Rigid two-dimensional indium metal-organic frameworks boosting nitrogen electroreduction at all pH values

Based on an ion exchange and dissolution-recrystallization mechanism, rigid indium metal-organic framework (In-MOF) nanosheets have been synthesized under mild conditions. The collective advantages of the rigid structure and two-dimensional architecture (thickness: 1.3 nm) enable In-MOF to show great activity during nitrogen electroreduction and excellent stability over a wide pH range. At pH values <7, In-MOF nanosheets demonstrate an ammonia yield rate >= 24.70 mu g h(-1) mg(-1) (or 4.94 mu g h(-1) cm(-2)) and faradic efficiency >= 6.72%. At pH values >= 7, 2D In-MOF can operate efficiently with a record NH3 yield of 79.20 mu g h(-1) mg(-1) (or 15.94 mu g h(-1) cm(-2)) and faradic efficiency of 14.98%, making it one of the most active MOF-based electrocatalysts for nitrogen electroreduction. Furthermore, the reaction mechanism of nitrogen electroreduction has been revealed using density function theory (DFT) simulations, and it follows enzymatic pathways at all pH values, with the potential determining step being *H2NNH2* -> *NH2 + NH3. It is expected that the present study will offer valuable clues for the design and fabrication of low-cost and efficient all-pH nitrogen reduction electrocatalysts for industrial applications.

Automated summary

With a rigid structure and two-dimensional architecture, the indium metal-organic framework (In-MOF) nanosheets were successfully synthesized for nitrogen electroreduction with excellent activity and stability.
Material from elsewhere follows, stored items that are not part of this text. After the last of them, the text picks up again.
-- ===== src/Editor/Missing.antt =====
-- Which errors `editConstant` of manager.go lets through.
use ebpfmanager.Common.{
  ℕ, ◌≡◌, ◌≢◌, refl, String, List, [], ◌∷◌, some, if◌then◌else◌, get_elem?, arith,
}
use ebpfmanager.Editor.{
  Instruction, Instructions, done, failed, unreferenced_symbol, wrong_value_type, ConstantEditor,
  Value, uint64, other_type, rewrite_constant, rewrite_loads, edit_constant, edit_value,
}

module _ (ld_dw_imm : ℕ) (offsets : Instructions → String → List ℕ) where
  missing_value :
      (editor : ConstantEditor) (value : Value) (insns : Instructions)
      → offsets insns editor.name ≡ []
      → edit_value ld_dw_imm offsets editor value insns ≡ elim value [
        | other_type ↦ failed wrong_value_type insns
        | uint64 v ↦
            if editor.fail_on_missing
            then failed (unreferenced_symbol editor.name) insns
            else done insns
      ]
  unfolding edit_value
  missing_value editor other_type insns h = refl
  missing_value editor (uint64 v) insns h = rw (h, rewrite_constant) (ground arith)

  -- A constant that no instruction refers to is an error exactly under `FailOnMissing`; a value that
  -- is no `uint64` always is one. The instructions stay as they were.
  pub edit_constant_missing :
      (editor : ConstantEditor) (insns : Instructions)
      → offsets insns editor.name ≡ []
      → edit_constant ld_dw_imm offsets editor insns ≡ elim editor.value [
        | other_type ↦ failed wrong_value_type insns
        | uint64 v ↦
            if editor.fail_on_missing
            then failed (unreferenced_symbol editor.name) insns
            else done insns
      ]
  unfolding edit_constant
  edit_constant_missing editor insns h = missing_value editor editor.value insns h

  -- A referring instruction that is no 64-bit immediate load stops the rewriting, and `editConstant`
  -- reports no error, also under `FailOnMissing`.
  pub edit_constant-hides_bad_load :
      (editor : ConstantEditor) (insns : Instructions) (v i : ℕ) (is : List ℕ) (load : Instruction)
      → editor.value ≡ uint64 v
      → offsets insns editor.name ≡ i ∷ is
      → get_elem? insns i ≡ some load
      → load.op_code ≢ ld_dw_imm
      → edit_constant ld_dw_imm offsets editor insns ≡ done insns
  unfolding edit_constant rewrite_loads
  edit_constant-hides_bad_load editor insns v i is load hv ho hg hn =
      rw (hv, edit_value) (rw (ho, rewrite_constant) (rw (hg, rewrite_loads) (ground arith)))
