-- ===== src/Errors.antt =====
-- err.go, and `ConcatErrors` of utils.go.
use ebpfmanager.Common.{ℕ, ◌≡◌, refl, Option, none, some, String}

pub data Error : Type 0 where
  manager_not_initialized manager_not_started manager_running : Error
  unknown_section unknown_match_func_name unknown_match_func_spec unknown_map : Error
  pinned_object_not_found map_name_in_use identification_pair_in_use : Error
  probe_not_initialized section_format symbol_not_found kprobe_id_not_exist : Error
  uprobe_id_not_exist clone_probe_required interface_not_set map_initialized : Error
  map_not_initialized map_not_running loopback_disabled missing_editor_flags : Error
  -- an error of the kernel or of a library, by a number
  external : ℕ → Error
  -- a new error with a text of its own
  message : String → Error
  -- a new error whose text quotes another; it is not that error any more
  quoting : Error → Error
  joined : Error → Error → Error

-- A Go `error` result; `none` is nil.
abbrev pub Fault : Type 0
Fault = Option Error

unfoldable pub concat_errors : Fault → Fault → Fault
concat_errors none err2 = err2
concat_errors (some e1) (some e2) = some (joined e1 e2)
concat_errors (some e1) none = some e1

pub concat_errors-eq-none : (a b : Fault) → concat_errors a b ≡ none → (a ≡ none) × (b ≡ none)
unfolding concat_errors
concat_errors-eq-none none b h = (refl, h)
concat_errors-eq-none (some e) none h = absurd (cc)
concat_errors-eq-none (some e) (some f) h = absurd (cc)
These nanosheets exhibit high ammonia yield rates and faradic efficiencies under different pH conditions, making them promising low-cost and efficient electrocatalysts for industrial applications. The reaction mechanism of nitrogen electroreduction was also elucidated, providing valuable insights for the design of all-pH nitrogen reduction electrocatalysts.